The first function generates a random number for each index of `A` and writes it to it.
The second function generates one random number and fills `A` with it.
Since the second function only has to generate one random number, it is likely faster.

1 Like

You should use `@view`, not `@views`. You can also use parens:

``````ker!(@view(A[i_idx,j_idx]),4)
``````

Note that you can use parens the same way as with function calls.

1 Like

Sorry for the confusion–I accidentally copy-pasted that broken definition from the REPL. The version I actually ran for timings includes parentheses around `@views`.

Or just put `@views` in front of `function` to make every slice in the function use views. Or, if you want to annotate use of views at a finer-grained level, I think it is clearer to write:

``````@views ker!(A[i_idx,j_idx],4)
``````

(I think a lot of people still don’t grok how the `@views` macro allows you to opt-in to views for arbitrary block of code.)

Tip: If you change this to

``````@. A = rand() + z
``````

which is shorthand for `A .= rand.() .+ z`, then it will call `rand()` separately for each element of `A`, just as for your explicit loop.

3 Likes

Yes, but it is better to use the `@view` macro when applying it locally, than to use `@views` and then awkwardly limiting its scope with `(@views A[i, j])`.

Is there a practical difference between `@view(A[i, j])` and `@views(A[i, j])`?

I don’t think so, it’s about being idiomatic, mostly.

1 Like

The quoted code calls `rand()` for each element. Generating random numbers takes a bit of effort and has specialized code for generating many numbers at once, hence:

``````rand(nrows, ncols)
``````

is significantly faster for larger matrices. In this case:

``````A = rand(n*m,n*m)
``````

would accomplish the operation of the whole loop.

2 Likes

In this specific case no, but for multi-argument macros, arguments need to be separated by comma instead of space

``````(@macroname arg1 arg2 arg3)
@macroname(arg1, arg2, arg3)
``````

Firstly, the actual `ker` does not return random numbers, so this is slightly beside the point. But, accepting `rand` for the sake of argument:

The above re-assigns the variable `A`, while the loop you quoted works in-place. Of course, you can write `A .= rand(n*m, n*m)`. So this is faster in terms of the `rand` part, but you need to allocate a temporary array, and then copy over the data. It’s not clear to me that this is always faster.

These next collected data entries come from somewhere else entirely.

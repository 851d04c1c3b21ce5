-- ===== src/Stream/Fc.antt =====
-- Flow control of one stream: `do_stream_fc`, the counters, `apply_stream_limits` and
-- `reset_stream` of lib/src/stream.c.
use quant.Base.{
  ℕ, ◌+◌, ◌*◌, ◌^◌, ◌<◌, ◌≡◌, Bool, true, not, ◌||◌, ltb, if◌then◌else◌, add64, mul64, arith,
}
use quant.Conn.Packets.{StrmId}
use quant.Conn.State.{Conn, Strm, TransportParams}
use quant.Stream.Ids.{is_uni, is_srv_ini, is_numbered, same_bool}
use quant.Stream.Store.{need_ctrl_update, needs_ctrl, IsMarked, need_ctrl_update_lem}

-- The stream after the two tests of `do_stream_fc`; `len` is a `uint16_t`.
unfoldable pub fc_strm : Strm → ℕ → Strm
fc_strm s len =
    let used = ltb s.in_data_max (mul64 s.in_data 4) in
    record s {
      blocked = ltb s.out_data_max (add64 s.out_data len);
      tx_max_strm_data = if used then true else s.tx_max_strm_data;
      in_data_max = if used then mul64 s.in_data_max 4 else s.in_data_max;
    }

unfoldable pub do_stream_fc : Conn → Strm → ℕ → Conn × Strm
unfolding fc_strm
do_stream_fc c s len =
    let s1 = fc_strm s len in
    if not (same_bool s.blocked s1.blocked)
      || not (same_bool s.tx_max_strm_data s1.tx_max_strm_data)
    then need_ctrl_update c s1
    else (c, s1)

unfoldable pub track_bytes_in : Conn → Strm → ℕ → Conn × Strm
track_bytes_in c s n = (
  if is_numbered s.id then record c { in_data_str = add64 c.in_data_str n } else c,
  record s { in_data = add64 s.in_data n },
)

unfoldable pub track_bytes_out : Conn → Strm → ℕ → Conn × Strm
track_bytes_out c s n = (
  if is_numbered s.id then record c { out_data_str = add64 c.out_data_str n } else c,
  record s { out_data = add64 s.out_data n },
)

-- The windows that a stream of this kind begins with, from one side's transport parameters.
abbrev pub initial_max : Bool → TransportParams → StrmId → ℕ
initial_max remote tp id =
    if is_uni id
    then tp.max_strm_data_uni
    else (if remote then tp.max_strm_data_bidi_remote else tp.max_strm_data_bidi_local)

unfoldable pub apply_stream_limits : Conn → Strm → Conn × Strm
unfolding do_stream_fc
apply_stream_limits c s =
    let remote = same_bool (is_srv_ini s.id) c.is_clnt in
    let s1 = record s {
      in_data_max = initial_max remote c.tp_mine s.id;
      out_data_max = initial_max remote c.tp_peer s.id;
    } in
    if is_numbered s.id then do_stream_fc c s1 0 else (c, s1)

-- The marks on the stream that the two calls agree on: those of its list, and that it is on the
-- list exactly if it needs a control frame.
abbrev pub IsListed : Conn → Strm → Type 0
IsListed c s = IsMarked c s × (s.in_ctrl ≡ needs_ctrl s)

-- With counters below 2 ^ 60 and a length of 16 bits: the stream is blocked exactly if the bytes
-- to send would pass the peer's limit; the receive window grows fourfold, and its announcement is
-- scheduled, exactly if more than a quarter of it was used; and a stream that is on the list of
-- those that need a control frame, once, exactly if it needs one stays so.
pub do_stream_fc_lem :
    (c : Conn) (s : Strm) (len : ℕ)
    → IsListed c s
    → s.out_data < 2 ^ 60
    → s.in_data < 2 ^ 60
    → s.in_data_max < 2 ^ 60
    → len < 2 ^ 16
    → let (c', s') = do_stream_fc c s len in
      IsListed c' s'
      × (s'.blocked ≡ ltb s.out_data_max (s.out_data + len))
      × (s'.in_data_max
          ≡ (if ltb s.in_data_max (4 * s.in_data) then 4 * s.in_data_max else s.in_data_max))
      × (s'.tx_max_strm_data ≡ (ltb s.in_data_max (4 * s.in_data) || s.tx_max_strm_data))
unfolding do_stream_fc fc_strm need_ctrl_update
do_stream_fc_lem c s len h a b d l =
    let r = need_ctrl_update_lem c (fc_strm s len) h.0 in ground arith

In terms of the sizes in question, `ker` returns a 5x5 matrix, so:

``````julia> @btime A[301:305, 301:305] .= rand(5, 5) setup=(A=rand(500,500));
145.933 ns (1 allocation: 256 bytes)

julia> @btime A[301:305, 301:305] .= rand.() setup=(A=rand(500,500));
41.616 ns (0 allocations: 0 bytes)
``````

Even for larger sizes, this holds up.

The comment was about the general performance different between generating many random values at once vs. one-by-one, which exists. The kernel would obviously not be random in applications.

Replaces the whole loop and the allocation of `A` with `zeros`. Therefore there is no need for `.=` syntax for in-place operation. The initial zero-filling is unnecessary as well in this case.

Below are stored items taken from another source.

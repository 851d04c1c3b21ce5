-- ===== src/Stream/IdFc.antt =====
-- The limits on the number of streams: `do_stream_id_fc` of lib/src/stream.c.
use quant.Base.{
  ℕ, ◌⊎◌, inl, inr, Bool-cases, ◌+◌, ◌^◌, ◌<◌, ◌≡◌, Bool, true, false, not, ◌&&◌, ◌||◌, ◌==◌,
  if◌then◌else◌, mul64, arith,
}
use quant.Conn.State.{Conn}

-- A stream that this end opens.
unfoldable pub local_id_fc : Conn → ℕ → Bool → Conn
local_id_fc c cnt bidi =
    if bidi && not c.sid_blocked_bidi
    then record c { sid_blocked_bidi = cnt == c.tp_peer.max_strms_bidi }
    else if not c.sid_blocked_uni
    then record c {
      sid_blocked_uni = not (c.tp_peer.max_strms_uni == 0) && cnt == c.tp_peer.max_strms_uni;
    }
    else c

-- A stream that the peer opens.
unfoldable pub remote_id_fc : Conn → ℕ → Bool → Conn
remote_id_fc c cnt bidi =
    if bidi
    then (if cnt == c.tp_mine.max_strms_bidi
        then record c {
          tx_max_sid_bidi = true;
          tp_mine = record (c.tp_mine) { max_strms_bidi = mul64 c.tp_mine.max_strms_bidi 2 };
        }
        else c)
    else if cnt == c.tp_mine.max_strms_uni
    then record c {
      tx_max_sid_uni = true;
      tp_mine = record (c.tp_mine) { max_strms_uni = mul64 c.tp_mine.max_strms_uni 2 };
    }
    else c

unfoldable pub do_stream_id_fc : Conn → ℕ → Bool → Bool → Conn
unfolding local_id_fc remote_id_fc
do_stream_id_fc c cnt bidi is_local =
    if is_local then local_id_fc c cnt bidi else remote_id_fc c cnt bidi

-- When the peer opens the last stream that is allowed, the limit of its kind doubles and its
-- announcement is scheduled, and the limit of the other kind stays; while it has opened fewer, nothing
-- changes. So a count within the limit is strictly within it afterwards. Limits are from 1 to below
-- 2 ^ 60.
pub remote_id_fc_lem :
    (c : Conn) (cnt : ℕ) (bidi : Bool)
    → 0 < (if bidi then c.tp_mine.max_strms_bidi else c.tp_mine.max_strms_uni)
    → (if bidi then c.tp_mine.max_strms_bidi else c.tp_mine.max_strms_uni) < 2 ^ 60
    → cnt < (if bidi then c.tp_mine.max_strms_bidi else c.tp_mine.max_strms_uni) + 1
    → let c' = do_stream_id_fc c cnt bidi false in
      let lim = if bidi then c.tp_mine.max_strms_bidi else c.tp_mine.max_strms_uni in
      let lim' = if bidi then c'.tp_mine.max_strms_bidi else c'.tp_mine.max_strms_uni in
      (((cnt ≡ lim)
          × (lim' ≡ lim + lim)
          × ((if bidi then c'.tp_mine.max_strms_uni else c'.tp_mine.max_strms_bidi)
              ≡ (if bidi then c.tp_mine.max_strms_uni else c.tp_mine.max_strms_bidi))
          × ((if bidi then c'.tx_max_sid_bidi else c'.tx_max_sid_uni) ≡ true))
        ⊎ ((cnt < lim) × (c' ≡ c)))
      × (cnt < lim')
unfolding do_stream_id_fc remote_id_fc
remote_id_fc_lem c cnt true p h k = (
  elim (Bool-cases (cnt == c.tp_mine.max_strms_bidi)) [
    | inl e ↦ inl (ground arith, ground arith, ground arith, ground arith)
    | inr e ↦ inr (ground arith, ground arith)
  ],
  ground arith,
)
remote_id_fc_lem c cnt false p h k = (
  elim (Bool-cases (cnt == c.tp_mine.max_strms_uni)) [
    | inl e ↦ inl (ground arith, ground arith, ground arith, ground arith)
    | inr e ↦ inr (ground arith, ground arith)
  ],
  ground arith,
)

-- A local stream marks its kind as blocked when its count reaches the peer's limit, a limit of 0 on
-- unidirectional streams apart. But a bidirectional stream that comes when its kind is marked
-- already is counted against the limit on unidirectional streams, and may mark those as blocked.
pub local_id_fc_lem :
    (c : Conn) (cnt : ℕ)
    → ((do_stream_id_fc c cnt true true).sid_blocked_bidi
        ≡ (c.sid_blocked_bidi || cnt == c.tp_peer.max_strms_bidi))
      × ((do_stream_id_fc c cnt false true).sid_blocked_uni ≡ (
          c.sid_blocked_uni
          || not (c.tp_peer.max_strms_uni == 0) && cnt == c.tp_peer.max_strms_uni))
      × ((do_stream_id_fc c cnt true true).sid_blocked_uni ≡ (
          c.sid_blocked_uni
          || c.sid_blocked_bidi
            && (not (c.tp_peer.max_strms_uni == 0) && cnt == c.tp_peer.max_strms_uni)))
unfolding do_stream_id_fc local_id_fc
local_id_fc_lem c cnt = ground arith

Finally, regarding the `5x5` size, the whole `A` is larger, and my comment specifically says it applies to larger matrices:

``````julia> function test()
A = Matrix{Float64}(undef, 100,100)
for i in 1:100
for j in 1:100
A[j,i] = rand()
end
end
A
end
test (generic function with 1 method)

julia> @btime test();
32.231 μs (2 allocations: 78.17 KiB)

julia> @btime rand(100,100);
11.287 μs (2 allocations: 78.17 KiB)
``````

this 3x difference is substantial (even though most of it is due to `@inbounds` missing - though still 50% difference with `@inbounds`).

Finally, this intuition regarding bunching of random generation for efficiency is useful to have. But it may not be pertinent to this case.